Le projet de collectif regroupe une pensée urbaine sans théorie, et sans grande conséquence sur la ville. Il est la quintessence de la misère urbaine, et son reflet physique. Il part d’initiatives individuelles ou associatives, qui se serrent les coudes dans une ville qui les a oubliés. Ce témoignage public doit être pris en compte. Il est le seul monument spontané, et nous permet de mesurer les conditions de vie inacceptables des minorités majoritaires à Detroit. Il est une photographie, n’a aucune aspiration, et n’est porté par aucun intellectuel, qui souvent ne leur accorde aucune attention, si ce n’est le mépris. Deux projets doivent retenir notre attention: le projet Heidelberg. Tyree Guyton, qui depuis 1986, investit peu à peu toutes les maisons abandonnées de la rue Heidelberg, par des sculptures, peintures ou autres assemblages, à partir d’objets trouvés dans les environs du site. Ce projet est pour l’artiste un médiateur pour retisser un lien communautaire, un instrument social, puisque tous les enfants du quartier sont appelés à participer. Un projet controversé également, par l’accueil divisé des populations avoisinantes. La plupart des réalisations du projet Heidelberg furent détruites par les autorités. La force symbolique de cette illusion (connotations paradoxales de la poupée éternellement naïve, et son utilisation comme objet détruit, abandonné) confère-t-elle la force subversive du monument en tant qu’oeuvre d’art? Ironie, monumentaliser les cracks houses devient le moyen le plus efficace de faire détruire les bâtiments abandonnés. C’est d’ailleurs ce qui incita le groupe d’artistes DDD, (Detroit. Demolition. Disneyland) à peindre les façades de maisons abandonnées en orange, systématiquement détruites dans le mois qui suivait par les services municipaux chargés des démolitions.

« Detroit did not become great through centrally planned vision. Detroit became great through the million of spontaneous, very personal and not always beautiful visions of its people. »

STULL, Thomas, Is saving Detroit ruins truly absurd?, The Detroit News, 24/12/1995




Une proposition intermédiaire se situant entre la dénonciation et le catalyseur est celle de l’école d’architecture de Mercy, à Detroit.
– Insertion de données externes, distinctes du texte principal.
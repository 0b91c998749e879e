-- ===== src/Base/Key.antt =====
-- Types whose values serve as dictionary keys: equality on them is decided.
use Prim.Native.Nat.{ℕ}
use Prim.Native.String.{String}
use mathlib.Core.Path.{◌≡◌, refl, ap, ◌∙◌}
use mathlib.Core.Bool.{Bool, true, false}
use mathlib.Core.Option.{Option, none, some}
use text.Mathlib.Text.{◌==◌ as str_eq}
use text.Mathlib.TextEquality.{eq_iff}
use native.Mathlib.Decide.{ℕ_discrete}

pub record Key {ℓ} (A : Type ℓ) : Type ℓ where
  pub dec : (a b : A) → Dec (a ≡ b)

pub true_ne_false : ◌≡◌ {A = Bool} false true → ⊥
true_ne_false h = cc

abbrev pub dec_of : {P : Type 0} (b : Bool) → (b ≡ true → P) → (P → b ≡ true) → Dec P
dec_of true f g = yes (f refl)
dec_of false f g = no (λ p. true_ne_false (g p))

unfoldable pub String_discrete : Discrete String
String_discrete a b = dec_of (str_eq a b) (eq_iff a b).0 (eq_iff a b).1

instance abbrev pub string_key : Key String
string_key = record { dec = String_discrete }

instance abbrev pub nat_key : Key ℕ
nat_key = record { dec = ℕ_discrete }

-- A pair of texts as a key.
unfoldable pub pair_discrete : (a b : String × String) → Dec (a ≡ b)
unfolding String_discrete
pair_discrete (a, b) (c, d) = elim (String_discrete a c) [
  | no n ↦ no (λ e. n (ap (λ p. p.0) e))
  | yes p ↦ elim (String_discrete b d) [
    | no n ↦ no (λ e. n (ap (λ q. q.1) e))
    | yes q ↦ yes (ap (λ x. (x, b)) p ∙ ap (λ y. (c, y)) q)
  ]
]

instance abbrev pub pair_key : Key (String × String)
pair_key = record { dec = pair_discrete }

-- None, or a number, as a key.
unfoldable pub index_discrete : (a b : Option ℕ) → Dec (a ≡ b)
index_discrete none none = yes refl
index_discrete none (some n) = no (λ e. none_ne_some e)
  where
    none_ne_some : {n : ℕ} → ◌≡◌ {A = Option ℕ} none (some n) → ⊥
    none_ne_some e = cc
index_discrete (some m) none = no (λ e. some_ne_none e)
  where
    some_ne_none : {n : ℕ} → ◌≡◌ {A = Option ℕ} (some n) none → ⊥
    some_ne_none e = cc
index_discrete (some m) (some n) = elim (ℕ_discrete m n) [
  | yes e ↦ yes (ap some e)
  | no f ↦ no (λ e. f (injected e))
]
  where
    injected : {m n : ℕ} → ◌≡◌ {A = Option ℕ} (some m) (some n) → m ≡ n
    injected e = cc

instance abbrev pub index_key : Key (Option ℕ)
index_key = record { dec = index_discrete }
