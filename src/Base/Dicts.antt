-- ===== src/Base/Dicts.antt =====
-- Python's dict: its entries in insertion order. A write to a key that is there keeps its place.
use Prim.Native.Nat.{ℕ, ◌+◌, ◌≤◌}
use mathlib.Core.Path.{◌≡◌, refl}
use mathlib.Core.Logic.{ite}
use mathlib.Core.Bool.{Bool, true, false}
use mathlib.Core.Option.{Option, none, some}
use mathlib.Core.List.{List, [], ◌∷◌, map}
use native.Mathlib.Omega.{arith}
use pyqt_lsf_job_manager.Base.Key.{Key}

-- To prove something of both branches of a decision.
pub ite_ind {ℓ κ μ} :
    {Q : Type ℓ} {A : Type κ} (P : A → Type μ) (d : Dec Q) {x y : A}
    → (Q → P x)
    → (¬ Q → P y)
    → P (ite d x y)
ite_ind P (yes q) hx hy = hx q
ite_ind P (no n) hx hy = hy n

pub ite_ind₂ {ℓ κ μ} :
    {Q : Type ℓ} {A B : Type κ} (P : A → B → Type μ) (d : Dec Q) {x y : A} {u v : B}
    → (Q → P x u)
    → (¬ Q → P y v)
    → P (ite d x y) (ite d u v)
ite_ind₂ P (yes q) hx hy = hx q
ite_ind₂ P (no n) hx hy = hy n

abbrev pub Dict {ℓ} : Type ℓ → Type ℓ → Type ℓ
Dict K V = List (K × V)

abbrev pub is_some {ℓ} : {A : Type ℓ} → Option A → Bool
is_some none = false
is_some (some _) = true

abbrev pub or_default {ℓ} : {A : Type ℓ} → A → Option A → A
or_default d none = d
or_default d (some a) = a

-- What an entry weighs, if there is one.
abbrev pub weight {ℓ} : {V : Type ℓ} → (V → ℕ) → Option V → ℕ
weight w none = 0
weight w (some v) = w v

module _ {ℓ} {K V : Type ℓ} where
  abbrev pub keys : Dict K V → List K
  keys = map (λ e. e.0)

  abbrev pub values : Dict K V → List V
  values = map (λ e. e.1)

  -- The sum of a weight over the values; with the weight 1 it is `len(d)`.
  unfoldable pub total : (V → ℕ) → Dict K V → ℕ
  total w [] = 0
  total w ((_, v) ∷ m) = w v + total w m

module _ {ℓ} {K V : Type ℓ} ⦃o : Key K⦄ where
  -- `d.get(k)`
  unfoldable pub get : K → Dict K V → Option V
  get k [] = none
  get k ((j, v) ∷ m) = ite (o.dec j k) (some v) (get k m)

  -- `d[k] = v`
  unfoldable pub put : K → V → Dict K V → Dict K V
  put k v [] = (k, v) ∷ []
  put k v ((j, u) ∷ m) = ite (o.dec j k) ((j, v) ∷ m) ((j, u) ∷ put k v m)

  -- `d.pop(k, None)`
  unfoldable pub pop : K → Dict K V → Dict K V
  pop k [] = []
  pop k ((j, v) ∷ m) = let rest = pop k m in ite (o.dec j k) rest ((j, v) ∷ rest)

  -- `k in d`
  abbrev pub has : K → Dict K V → Bool
  has k m = is_some (get k m)

  -- What a dict guarantees: no key twice.
  abbrev pub IsUnique : Dict K V → Type ℓ
  IsUnique [] = Unit
  IsUnique ((k, _) ∷ m) = (get k m ≡ none) × IsUnique m

  pub get-put :
      (k : K) (v : V) (m : Dict K V) (j : K)
      → get j (put k v m) ≡ ite (o.dec k j) (some v) (get j m)
  unfolding get put
  get-put k v [] j = refl
  get-put k v ((i, u) ∷ m) j = ground (arith, get-put k v m j)

  pub get-pop : (k : K) (m : Dict K V) (j : K) → get j (pop k m) ≡ ite (o.dec k j) none (get j m)
  unfolding get pop
  get-pop k [] j = ground arith
  get-pop k ((i, u) ∷ m) j = ground (arith, get-pop k m j)

  pub put-IsUnique : (k : K) (v : V) (m : Dict K V) → IsUnique m → IsUnique (put k v m)
  unfolding get put
  put-IsUnique k v [] h = (refl, tt)
  put-IsUnique k v ((i, u) ∷ m) h =
      ite_ind IsUnique (o.dec i k) (λ _. h)
        (λ n. (rw get-put (ground (arith, h.0)), put-IsUnique k v m h.1))

  pub pop-IsUnique : (k : K) (m : Dict K V) → IsUnique m → IsUnique (pop k m)
  unfolding get pop
  pop-IsUnique k [] h = tt
  pop-IsUnique k ((i, u) ∷ m) h =
      ite_ind IsUnique (o.dec i k) (λ _. pop-IsUnique k m h.1)
        (λ n. (rw (get-pop k m i) (ground (arith, h.0)), pop-IsUnique k m h.1))

  pub total-put :
      (w : V → ℕ) (k : K) (v : V) (m : Dict K V)
      → total w (put k v m) + weight w (get k m) ≡ total w m + w v
  unfolding get put total
  total-put w k v [] = omega arith
  total-put w k v ((i, u) ∷ m) = ground (arith, total-put w k v m)

  pub pop-absent : (k : K) (m : Dict K V) → get k m ≡ none → pop k m ≡ m
  unfolding get pop
  pop-absent k [] h = refl
  pop-absent k ((i, u) ∷ m) h = ground (arith, pop-absent k m)

  pub total-pop :
      (w : V → ℕ) (k : K) (m : Dict K V)
      → IsUnique m
      → total w (pop k m) + weight w (get k m) ≡ total w m
  unfolding get pop total
  total-pop w k [] h = omega arith
  total-pop w k ((i, u) ∷ m) h = ground (arith, pop-absent k m, total-pop w k m h.1)

  pub weight-le-total : (w : V → ℕ) (k : K) (m : Dict K V) → weight w (get k m) ≤ total w m
  unfolding get total
  weight-le-total w k [] = omega arith
  weight-le-total w k ((i, u) ∷ m) = ground (arith, weight-le-total w k m)
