-- ===== src/Base/Texts.antt =====
-- White space in texts, as Python's str.strip and str.split see it.
use Prim.Native.Char.{Char, code}
use Prim.Native.String.{String, ◌++◌}
use mathlib.Core.Bool.{Bool, true, false, ◌&&◌, ◌||◌}
use mathlib.Core.List.{List, [], ◌∷◌}
use pyqt_lsf_job_manager.Base.Tests.{leb, ◌==◌, if◌then◌else◌}
use pyqt_lsf_job_manager.Base.Lists.{any}

-- `c.isspace()`
abbrev pub is_space : Char → Bool
is_space c =
    any (λ n. code c == n)
      (9 ∷ 10 ∷ 11 ∷ 12 ∷ 13 ∷ 28 ∷ 29 ∷ 30 ∷ 31 ∷ 32 ∷ 133 ∷ 160 ∷ 5760 ∷ 8232 ∷ 8233 ∷ 8239 ∷ 8287
        ∷ 12288 ∷ [])
    || leb 8192 (code c) && leb (code c) 8202

-- `not text.strip()`
unfoldable pub is_blank : String → Bool
is_blank String.[] = true
is_blank (String.◌∷◌ c s) = is_space c && is_blank s

abbrev is_nil : String → Bool
is_nil String.[] = true
is_nil (String.◌∷◌ c s) = false

-- The words of a text, after the part of a word that was read before it.
unfoldable pub words_after : String → String → List String
words_after word String.[] = if is_nil word then [] else word ∷ []
words_after word (String.◌∷◌ c s) =
    let cut = words_after String.[] s in
    let go_on = words_after (word ++ String.◌∷◌ c String.[]) s in
    if is_space c then if is_nil word then cut else word ∷ cut else go_on

-- `text.split()`
unfoldable pub words : String → List String
unfolding words_after
words = words_after String.[]

-- `a + b`, of texts
abbrev pub both_texts : String → String → String
both_texts a b = a ++ b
Les intentions plurielles de ce projet rendent compte de la complexité de la problématique. L’objet de son intervention est également le pavillon. Si la dimension sociale est centrale dans ce projet, on retiendra surtout la concentration sur l’objet, en tant que patrimoine de Détroit. L’objet abandonné entraîne un phénomène de réappropriation, qui est typique à Détroit.

La logique de rentabilité devient la plus performante pour sauvegarder le patrimoine de la ville. Contrairement au centre ville, cette question ne se pose pas pour le propriétaire de la parcelle qu’il a abandonnée, mais pour les résidents du quartier environnant le bâti. L’architecture vidée de son contenu, devient cette fois un contenant à disposition des autres. Le projet FireBreak, par ses « interventions mercenaires », a pour premier objectif cette appropriation de la ruine comme patrimoine.
Bien souvent support physique d’une réflexion, le bâti devient en premier lieu un support publicitaire: de manière littérale avec le projet HouseWrap , marquant la construction de nouveaux logements par une organisation communautaire, mais aussi comme le miroir de l’activisme de ses habitants, avec le projet Hayhouse , promouvant la plantation de foin pour la désintoxication des sols par les habitants des quartiers Est. Le projet HouseWrap, avant de le comparer à l’emballage du Reichstag, peut être rapproché avec la démarche de Christo et Jeanne-Claude, par son intention populaire d’être assimilé par tous. Se rendre accessible est une stratégie de communication indispensable pour Détroit, et inhérente aux travaux de Christo, reconnu pour son talent promotionnel de communication.
Esthétique physique tout d’abord, en devenant l’objet de toutes les attentions des designers: le projet HousePrint, réalisé en 2004, avec sa couche de latex blanc liquide recouvrant toute la surface de l’objet, nous renvoie à l’esthétique des maisons minimalistes japonaises.